Tuesday, October 28, 2014

TMI Tuesday Before Halloween

We haven’t gone totally ape with it, but we have decorated for Halloween. The decorations came together over time, not all in one day. Somehow, knowing this is the last time we’ll be decorating this particular house in this city, in this state, slows me down.

I should be rejoicing. It’s been a gorgeous October, and if this is the last time I’m seeing these colors in Colorado it’s because I’ll be back among friends and family in South Carolina. My last child will be out of high school and moving on in May. It’s time for the Next Thing—and that’s a good thing. 

It’s been a good eight years here inasmuch as we have grown children and published books to show for it, but my wife and I can’t afford to wait around here to die. Not so far from family and friends. We might as well be on a desert island out here. It’s pretty in Colorado, but lonely.
Along the easement up into Frontier Park, across the street and a couple of houses down from mine. Ideally, I won’t be here to see these colors this time next year.



Notice how hard I’m selling this to myself. Truth be told, I’ve always been resistant to change. I like my routine. To awaken, pour my coffee, come downstairs to the office, do the social media patrol, poke around at my latest book, maybe torture a blog post out of myself. It’s lonely, and it gets dull at times, but it’s what I’ve got. I’m trading what I know for...what?

There aren’t many basements in South Carolina. I’ll be working above ground for a change. I strongly suspect that, just as it was before I got married nearly 25 years ago and left the state, it’ll take major shaming or a bomb threat to get me out of the house to go visit those family and friends. Case in point: my roommate in 1990 had to shame me out of the house to go to the very party where I met my future wife. 

The temptation to lock myself up in a room and hide has always been strong with me. I’m well aware that if I don’t have close friends or any kind of meatspace social network after nearly eight years in Colorado, it’s my own fault.
Orange lights over my basement office window. After the New Year, I’ve got to depersonalize my office, along with the rest of the house, by way of staging it for sale. No more tchotchkes and knick-knacks on the shelves, and it would probably be a good idea to box up some of the more controversial books.
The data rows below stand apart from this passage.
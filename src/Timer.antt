-- ===== src/Timer.antt =====
-- webserver/include/lst_timer.h and webserver/src/lst_timer.cpp: the timers on the C++ heap and
-- the sorted doubly linked list `Sort_Timer_List`. The operations run over a state that also
-- carries `env`, what the rest of the server keeps, since a timer's callback changes it.
pub mod Add
pub mod Memory
pub mod Queue
pub mod Chain
pub mod Delete
pub mod Bypass
pub mod Adjust
pub mod Clear
pub mod Postpone
pub mod Tick
pub mod Keeps
pub mod Steps
use Memory.{
  Ptr, null, Timer, State, Run, Cmd, out_of_fuel, pure, ◌>>=◌, ◌>>◌, load, set_next, set_prev,
  delete, get_head, get_tail, put_head, put_tail,
}
use my_tcp_cs.Base.{ℕ, zero, suc, ◌+◌, ◌*◌, Bool, ◌&&◌, ltb, ◌==◌, if◌then◌else◌}

-- #define TIMESLOT 5
abbrev pub timeslot : ℕ
timeslot = 5

-- `Util_Timer(cur, user_data, cbfun)`: it leaves `prev_` and `next_` as they are in memory.
pub util_timer : Timer → ℕ → ℕ → ℕ → Timer
util_timer raw cur user_data cbfun = record raw {
  cb_func = cbfun;
  expire = cur + 3 * timeslot;
  user_data = user_data;
}

module _ {E : Type 0} where
  -- The `while (temp)` of the overload of `Add_Timer`; the result is `prev_` and `temp` after it.
  pub add_loop : ℕ → (timer prev temp : Ptr) → Cmd E (Ptr × Ptr)
  add_loop zero timer prev temp = λ _. out_of_fuel
  add_loop (suc k) timer prev temp = if temp == null then pure (prev, temp) else do
    t ← load timer
    u ← load temp
    if ltb t.expire u.expire
        then (do
          set_next prev timer
          set_next timer temp
          set_prev temp timer
          set_prev timer prev
          pure (prev, temp))
        else add_loop k timer temp u.next

  -- That loop and the `if (!temp)` behind it.
  pub add_behind : ℕ → (timer prev temp : Ptr) → Cmd E (Unit {0})
  unfolding add_loop
  add_behind k timer prev temp = do
    (prev', temp') ← add_loop k timer prev temp
    if temp' == null
        then (do set_next prev' timer; set_prev timer prev'; set_next timer null; put_tail timer)
        else pure tt

  -- `Add_Timer(timer, lst_head_)`.
  pub add_timer_from : ℕ → (timer lst_head : Ptr) → Cmd E (Unit {0})
  add_timer_from k timer lst_head = do p ← load lst_head; add_behind k timer lst_head p.next

  -- `Add_Timer(timer)`.
  unfoldable pub add_timer : ℕ → (timer : Ptr) → Cmd E (Unit {0})
  add_timer k timer = if timer == null then pure tt else do
    head ← get_head
    if head == null then (do put_head timer; put_tail timer) else do
      t ← load timer
      u ← load head
      if ltb t.expire u.expire
          then (do set_next timer head; set_prev head timer; put_head timer)
          else add_timer_from k timer head

  -- `timer->prev_->next_ = timer->next_; timer->next_->prev_ = timer->prev_;`
  pub bypass : (timer : Ptr) → Cmd E (Unit {0})
  bypass timer = do
    t ← load timer
    set_next t.prev t.next
    t' ← load timer
    set_prev t'.next t'.prev

  -- The part of `Adjust_Timer` behind its early returns.
  pub relocate : ℕ → (timer : Ptr) → Cmd E (Unit {0})
  relocate k timer = do
    head ← get_head
    if timer == head
        then (do
          h ← load head
          put_head h.next
          set_prev h.next null
          set_next timer null
          add_timer_from k timer h.next)
        else (do bypass timer; head' ← get_head; add_timer_from k timer head')

  -- `Adjust_Timer(timer)`.
  pub adjust_timer : ℕ → (timer : Ptr) → Cmd E (Unit {0})
  adjust_timer k timer = if timer == null then pure tt else do
    t ← load timer
    if t.next == null
        then pure tt
        else do u ← load t.next; if ltb t.expire u.expire then pure tt else relocate k timer

  -- `Del_Timer(timer)`.
  pub del_timer : (timer : Ptr) → Cmd E (Unit {0})
  del_timer timer = if timer == null then pure tt else do
    head ← get_head
    tail ← get_tail
    if (timer == head) && (timer == tail)
        then (do delete timer; put_head null; put_tail null)
        else if timer == head
        then (do h ← load head; put_head h.next; set_prev h.next null; delete timer)
        else if timer == tail
        then (do l ← load tail; put_tail l.prev; set_next l.prev null; delete timer)
        else (do bypass timer; delete timer)

  -- The `while (temp)` of `Tick`; `invoke f u` is the call `(*f)(u)` of a callback.
  pub tick_loop :
      (invoke : ℕ → ℕ → Cmd E (Unit {0})) → ℕ → (cur : ℕ) (temp : Ptr) → Cmd E (Unit {0})
  tick_loop invoke zero cur temp = λ _. out_of_fuel
  tick_loop invoke (suc k) cur temp = if temp == null then pure tt else do
    t ← load temp
    if ltb cur t.expire then pure tt else do
      invoke t.cb_func t.user_data
      t' ← load temp
      put_head t'.next
      if t'.next == null then pure tt else set_prev t'.next null
      delete temp
      tick_loop invoke k cur t'.next

  -- `Tick()`, with the time that `time(nullptr)` returns.
  pub tick : (invoke : ℕ → ℕ → Cmd E (Unit {0})) → ℕ → (cur : ℕ) → Cmd E (Unit {0})
  unfolding tick_loop
  tick invoke k cur = do
    head ← get_head
    if head == null then pure tt else tick_loop invoke k cur head

  -- The destructor's loop, which frees every timer from `head_` on.
  pub clear_loop : ℕ → (temp : Ptr) → Cmd E (Unit {0})
  clear_loop zero temp = λ _. out_of_fuel
  clear_loop (suc k) temp =
      if temp == null
      then pure tt
      else do head ← get_head; h ← load head; put_head h.next; delete temp; clear_loop k h.next

  -- `~Sort_Timer_List()`.
  pub clear : ℕ → Cmd E (Unit {0})
  unfolding clear_loop
  clear k = do head ← get_head; clear_loop k head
So, I’m going to call upon stronger things than my personal pathology. It’s already taking everything I have to get Act One of my third book out of the way, while rewriting Bleeding Kansas for the Ultimate Edition, and to maintain consistency of tone on a series I’ve been working on for nearly three years now.

I need to get The Saga of the Dead Silencer behind me. I need to be on to the Next Thing.

Meanwhile, there’s the here and now. With Halloween on a Friday, Friday will be here before we know it. My son will be playing his last football game of the regular season that night, so I’ll miss the last half of trick-or-treating. Not that anyone has been stopping by after 7:30 p.m. over the last couple of years; it’s been mostly small children. Which is good. I’ll take a neighborhood full of small children over one filled with surly and disaffected teenagers any year of my life.

To think my son went to that elementary school on the east side of Frontier Park. Now he plays his last few games of varsity football for Rampart High and...what?

One thing at a time, I keep telling myself. This change is necessary. This change is good.

No, really. We need to be somewhere else this time next year, filling our Halloween candy bowl in another neighborhood, in another state, far away from where we raised our children, but closer to the people who care about us. 

Why is this so hard?
Along the greenbelt north of my house. I’ve got to pick a path. Can’t stand here forever.